Einfach mal beim Support anrufen, Dell/Alienware hat einen sehr kompetenten Service, vielleicht wurde aber auch die Reihenfolge der Tasten getauscht, sodass du durch FN + F6 F6 ausführst und nicht die Grafikumschaltung. Eventuell auch mal im Gerätemanager schauen.


----------



## rabe08 (5. November 2011)

Ich tippe auch auf ein Treiberproblem. Hast Du wirklich alle Alienware-Treiber drauf?


----------



## Lomop (5. November 2011)

Grafiktreiber usw alles drin. Hab alle Treiber installiert.. :/
@Hammerfaust: was soll ich im Geräte Manager nachschauen?


----------



## Olstyle (5. November 2011)

Du brauchst nicht nur irgend einen Grafiktreiber sondern auch wirklich den von Alienware und dazu die Hotkey Software von Alienware.


----------



## Lomop (5. November 2011)

Ich hab den Nvidia Grafiktreiber von der Dell Homepage..
Hotkey Software?
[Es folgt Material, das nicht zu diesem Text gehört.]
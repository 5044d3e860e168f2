-- ===== src/Processor.antt =====
-- The handlers of the submessages of a client (src/cpp/processor/Processor.cpp), each on the
-- client's proxy and on the packets that it gives to the server in the order in which it gives
-- them. Reading a payload from a message and serializing one are generated code, `Codec`.
pub mod Types
pub mod Acknack
pub mod Resend
pub mod Tests
pub mod Heartbeats
pub mod Visits
pub mod Rounds
pub mod Silence
pub mod Clients
pub mod Admission
pub mod Requests
pub mod Data
pub mod Info
pub mod Reading
pub mod Dispatch
pub mod Packets
pub mod Untouched
pub mod Isolation
pub mod Strangers
pub mod Answered
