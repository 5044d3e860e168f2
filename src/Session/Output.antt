-- ===== src/Session/Output.antt =====
-- The output stream methods of Session.hpp.
use micro_xrce_dds_agent.Common.{
  ℕ, Bool, false, List, ◌++◌, Option, none, some, map, length, replicate, if◌then◌else◌,
}
use micro_xrce_dds_agent.Common.Dict.{find, assign}
use micro_xrce_dds_agent.Cdr.{Cdr}
use micro_xrce_dds_agent.Message.Output.{OutputMessage, Submessage}
use micro_xrce_dds_agent.OutputStream.None as NoneOut
use micro_xrce_dds_agent.OutputStream.BestEffort as BestEffortOut
use micro_xrce_dds_agent.OutputStream.Reliable as ReliableOut
use micro_xrce_dds_agent.OutputStream.Reliable.{ReliableOutputStream, HeartbeatPayload}
use micro_xrce_dds_agent.Session.{
  Session, Config, is_none_stream, is_besteffort_stream, is_reliable_stream, on_stream,
}

module _ (c : Cdr) where
  -- A vector of as many zeros as there are streams, behind which the ids are pushed.
  unfoldable pub get_output_streams : Session c → List ℕ
  get_output_streams s =
      replicate (length s.reliable_ostreams) 0 ++ map (λ entry. entry.0) s.reliable_ostreams

  -- `get_reliable_output_stream`: the stream of the id, made if it is not there.
  unfoldable pub get_reliable_output_stream : ℕ → Session c → ReliableOutputStream c × Session c
  get_reliable_output_stream stream_id s = elim (find stream_id s.reliable_ostreams) [
    | some stream ↦ (stream, s)
    | none ↦ (
      ReliableOut.init c,
      record s { reliable_ostreams = assign stream_id (ReliableOut.init c) s.reliable_ostreams },
    )
  ]

  abbrev put_reliable : ℕ → ReliableOutputStream c → Session c → Session c
  put_reliable stream_id stream s = record s {
    reliable_ostreams = assign stream_id stream s.reliable_ostreams;
  }

  -- `none` is what it is for the reliable stream.
  unfoldable pub push_output_submessage :
      ℕ → Config → ℕ → ℕ → Submessage → Session c → Option (Bool × Session c)
  unfolding get_reliable_output_stream
  push_output_submessage fuel config stream_id id submessage s =
      let (none_rv, none_stream) =
        NoneOut.push_submessage c config.best_effort_stream_depth s.session_info id submessage
          s.none_ostream in
      let (best_effort_rv, best_effort) =
        on_stream stream_id (BestEffortOut.init c)
          (BestEffortOut.push_submessage c config.best_effort_stream_depth s.session_info stream_id
            id submessage)
          s.best_effort_ostreams in
      let (stream, s') = get_reliable_output_stream stream_id s in
      let reliable =
        ReliableOut.push_submessage c fuel config.reliable_stream_depth s.session_info stream_id id
          submessage stream in
      if is_none_stream stream_id
      then some (none_rv, record s { none_ostream = none_stream })
      else (if is_besteffort_stream stream_id
          then some (best_effort_rv, record s { best_effort_ostreams = best_effort })
          else (elim reliable [
            | none ↦ none
            | some (rv, stream') ↦ some (rv, put_reliable stream_id stream' s')
          ]))

  abbrev as_found : Option (OutputMessage c) → Option (Option (OutputMessage c))
  as_found none = none
  as_found (some m) = some (some m)

  unfoldable pub get_next_output_message :
      ℕ → Session c → Option (Option (OutputMessage c)) × Session c
  unfolding get_reliable_output_stream
  get_next_output_message stream_id s =
      let (none_message, none_stream) = NoneOut.pop_message c s.none_ostream in
      let (best_effort_message, best_effort) =
        on_stream stream_id (BestEffortOut.init c) (BestEffortOut.pop_message c)
          s.best_effort_ostreams in
      let (stream, s') = get_reliable_output_stream stream_id s in
      let (message, stream') = ReliableOut.get_next_message c stream in
      if is_none_stream stream_id
      then (as_found none_message, record s { none_ostream = none_stream })
      else (if is_besteffort_stream stream_id
          then (as_found best_effort_message, record s { best_effort_ostreams = best_effort })
          else (message, put_reliable stream_id stream' s'))

  unfoldable pub get_output_message : ℕ → ℕ → Session c → Option (OutputMessage c) × Session c
  unfolding get_reliable_output_stream
  get_output_message stream_id seq_num s =
      let (stream, s') = get_reliable_output_stream stream_id s in
      if is_reliable_stream stream_id
      then (ReliableOut.get_message c seq_num stream, s')
      else (none, s)

  unfoldable pub update_from_acknack : ℕ → ℕ → Session c → Session c
  unfolding get_reliable_output_stream
  update_from_acknack stream_id first_unacked s =
      let (stream, s') = get_reliable_output_stream stream_id s in
      if is_reliable_stream stream_id
      then put_reliable stream_id (ReliableOut.update_from_acknack c first_unacked stream) s'
      else s

  -- The heartbeat is the caller's where the stream is not reliable.
  unfoldable pub fill_heartbeat :
      ℕ → HeartbeatPayload → Session c → Bool × HeartbeatPayload × Session c
  unfolding get_reliable_output_stream
  fill_heartbeat stream_id heartbeat s =
      let (stream, s') = get_reliable_output_stream stream_id s in
      let (rv, filled) = ReliableOut.fill_heartbeat c heartbeat stream in
      if is_reliable_stream stream_id
      then (rv, record filled { stream_id = stream_id }, s')
      else (false, heartbeat, s)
Wo finde ich die? :O


----------



## Olstyle (5. November 2011)

Wahrscheinlich das was sich hier unter Command Center oder OSD Application versteckt:
Treiber und Downloads

Wenn es immer noch nichts bringt solltest du wirklich mal den Dell Support fragen. Für irgendwas muss der "Alienware-Aufpreis" ja gut gewesen sein  .


----------



## Lomop (5. November 2011)

._. hab ich schon installiert..


----------



## Lomop (5. November 2011)

klappt jetzt !

Musste das hier downloaden: http://downloads.dell.com/video/NVIDIA_NOTEBOOK-BETA-DRIVER-_P03_R264266.exe

Da stand Wichtigkeit: Optional..deswegen dachte ich ich muss es nicht downloaden. Notebook Beta Driver (NV) heißt der oder so.. von Nvidia. 
Danke trotzdem für die Hilfe !!


----------